The diver, Vernon Unsworth, helped rescue the young Thai soccer players who were trapped in a flooded cave in July. He is suing Musk for defamation, seeking financial compensation and an injunction to keep Musk from repeating the claims.

Musk called Unsworth a "pedo" on Twitter after the diver criticized Musk for creating an unnecessary mini submarine to aid in the rescue.

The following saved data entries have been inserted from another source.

-- ===== src/Reader/Open/Verdict.antt =====
-- What `erf_open_memory` makes of a memory, in every case.
use elfrc.Base.{
  ℕ, ◌^◌, ◌≤◌, ◌<◌, ◌≡◌, ◌≢◌, refl, sym, subst, dec_lt, ◌∙◌, arith, List, some, true, false,
  Bool-cases, inl, inr, ℕ_discrete, length, ltb, ◌==◌,
}
use elfrc.Bytes.{bytes_eq}
use elfrc.Format.{erf_magic, sizeof_header}
use elfrc.Reader.Outcome.{
  bad_magic, unsupported_version, truncated, bad_offset, invalid_argument, Outcome, ok, err, fault,
}
use elfrc.Reader.Container.{Container}
use elfrc.Reader.Open.{erf_open_memory}
use elfrc.Reader.Open.Errors.{erf_open_memory_errors}
use elfrc.Reader.Open.Sound.{
  stored_header, Acceptable, IsOpened, erf_open_memory-ne-fault, erf_open_memory-IsOpened,
  erf_open_memory_accepts,
}

-- The results, each with what the memory is then. The conditions exclude each other.
pub data Verdict (b : List ℕ) (size : ℕ) : Outcome Container → Type 0 where
  no_bytes : size ≡ 0 → Verdict b size (err invalid_argument)
  no_header : 0 < size → size < sizeof_header → Verdict b size (err truncated)
  other_magic :
      sizeof_header ≤ size
      → bytes_eq (stored_header b).magic erf_magic ≡ false
      → Verdict b size (err bad_magic)
  other_version :
      sizeof_header ≤ size
      → bytes_eq (stored_header b).magic erf_magic ≡ true
      → (stored_header b).version_major ≢ 1
      → Verdict b size (err unsupported_version)
  out_of_range :
      sizeof_header ≤ size
      → bytes_eq (stored_header b).magic erf_magic ≡ true
      → (stored_header b).version_major ≡ 1
      → (Acceptable b size → ⊥)
      → Verdict b size (err bad_offset)
  accepted : (c : Container) → Acceptable b size → IsOpened b size c → Verdict b size (ok c)

short-Verdict :
    (b : List ℕ) (size : ℕ) → size < sizeof_header → Verdict b size (erf_open_memory (some b) size)
unfolding erf_open_memory
short-Verdict b size short =
    let test : ltb size sizeof_header ≡ true = ground arith in
    elim (ℕ_discrete size 0) [
      | yes none_there ↦
          let zero_size : (size == 0) ≡ true = ground arith in
          rw (erf_open_memory, test, zero_size) (no_bytes none_there)
      | no some_there ↦
          let some_size : (size == 0) ≡ false = ground arith in
          rw (erf_open_memory, test, some_size) (no_header (omega arith) short)
    ]

module _ (b : List ℕ) (size : ℕ) (fits : size ≤ length b) (word : size < 2 ^ 64) where
  ranges-Verdict :
      (o : Outcome Container)
      → sizeof_header ≤ size
      → bytes_eq (stored_header b).magic erf_magic ≡ true
      → (stored_header b).version_major ≡ 1
      → erf_open_memory (some b) size ≡ o
      → Verdict b size o
  ranges-Verdict (ok c) long magic version e =
      let (a, o) = erf_open_memory-IsOpened b size fits word e in accepted c a o
  ranges-Verdict (err x) long magic version e =
      let known = (erf_open_memory_errors b size fits long).2 x magic version e in
      subst (λ y. Verdict b size (err y)) (sym known)
        (out_of_range long magic version (λ a.
          let (c, opens) = erf_open_memory_accepts b size fits word a in
          let clash : ◌≡◌ {A = Outcome Container} (err x) (ok c) = sym e ∙ opens in cc))
  ranges-Verdict fault long magic version e = absurd (erf_open_memory-ne-fault b size fits word e)

  -- If the memory holds at least the `size` bytes it is opened with, and `size` is a 64-bit word,
  -- then `erf_open_memory` reports an invalid argument for no bytes, TRUNCATED for fewer than a
  -- header's, and otherwise first a wrong magic, then a wrong major version; of the others it opens
  -- exactly the acceptable ones, with the header and the resources that the memory encodes, and
  -- reports BAD_OFFSET for all the rest, also where the header claims more bytes than there are.
  -- Acceptable are those whose header fields, directory, hash table, names and data are in range;
  -- the metadata, signature and data offsets of the header and the metadata offsets of the entries
  -- are not tested.
  pub erf_open_memory-Verdict : Verdict b size (erf_open_memory (some b) size)
  erf_open_memory-Verdict = elim (dec_lt size sizeof_header) [
    | yes short ↦ short-Verdict b size short
    | no long ↦
        let fits_header : sizeof_header ≤ size = omega arith in
        let (wrong_magic, wrong_version, _) = erf_open_memory_errors b size fits fits_header in
        elim (Bool-cases (bytes_eq (stored_header b).magic erf_magic)) [
          | inr other ↦
              subst (Verdict b size) (sym (wrong_magic other)) (other_magic fits_header other)
          | inl magic ↦ elim (ℕ_discrete (stored_header b).version_major 1) [
            | no other ↦
                subst (Verdict b size) (sym (wrong_version magic other))
                  (other_version fits_header magic other)
            | yes version ↦
                ranges-Verdict (erf_open_memory (some b) size) fits_header magic version refl
          ]
        ]
  ]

Unsworth said the submarine was a "PR stunt" from Musk, and Musk responded by insisting the device would be helpful and suggesting Unsworth was a predator. "We will make [a video] of the mini-sub/pod going all the way to Cave 5 no problemo," Musk wrote in a since-deleted tweet. "Sorry pedo guy, you really did ask for it." The billionaire apologized, but then accused Unsworth of being a "child rapist," saying he moved to Thailand "for a child bride" and writing, "I f--king hope he sues me."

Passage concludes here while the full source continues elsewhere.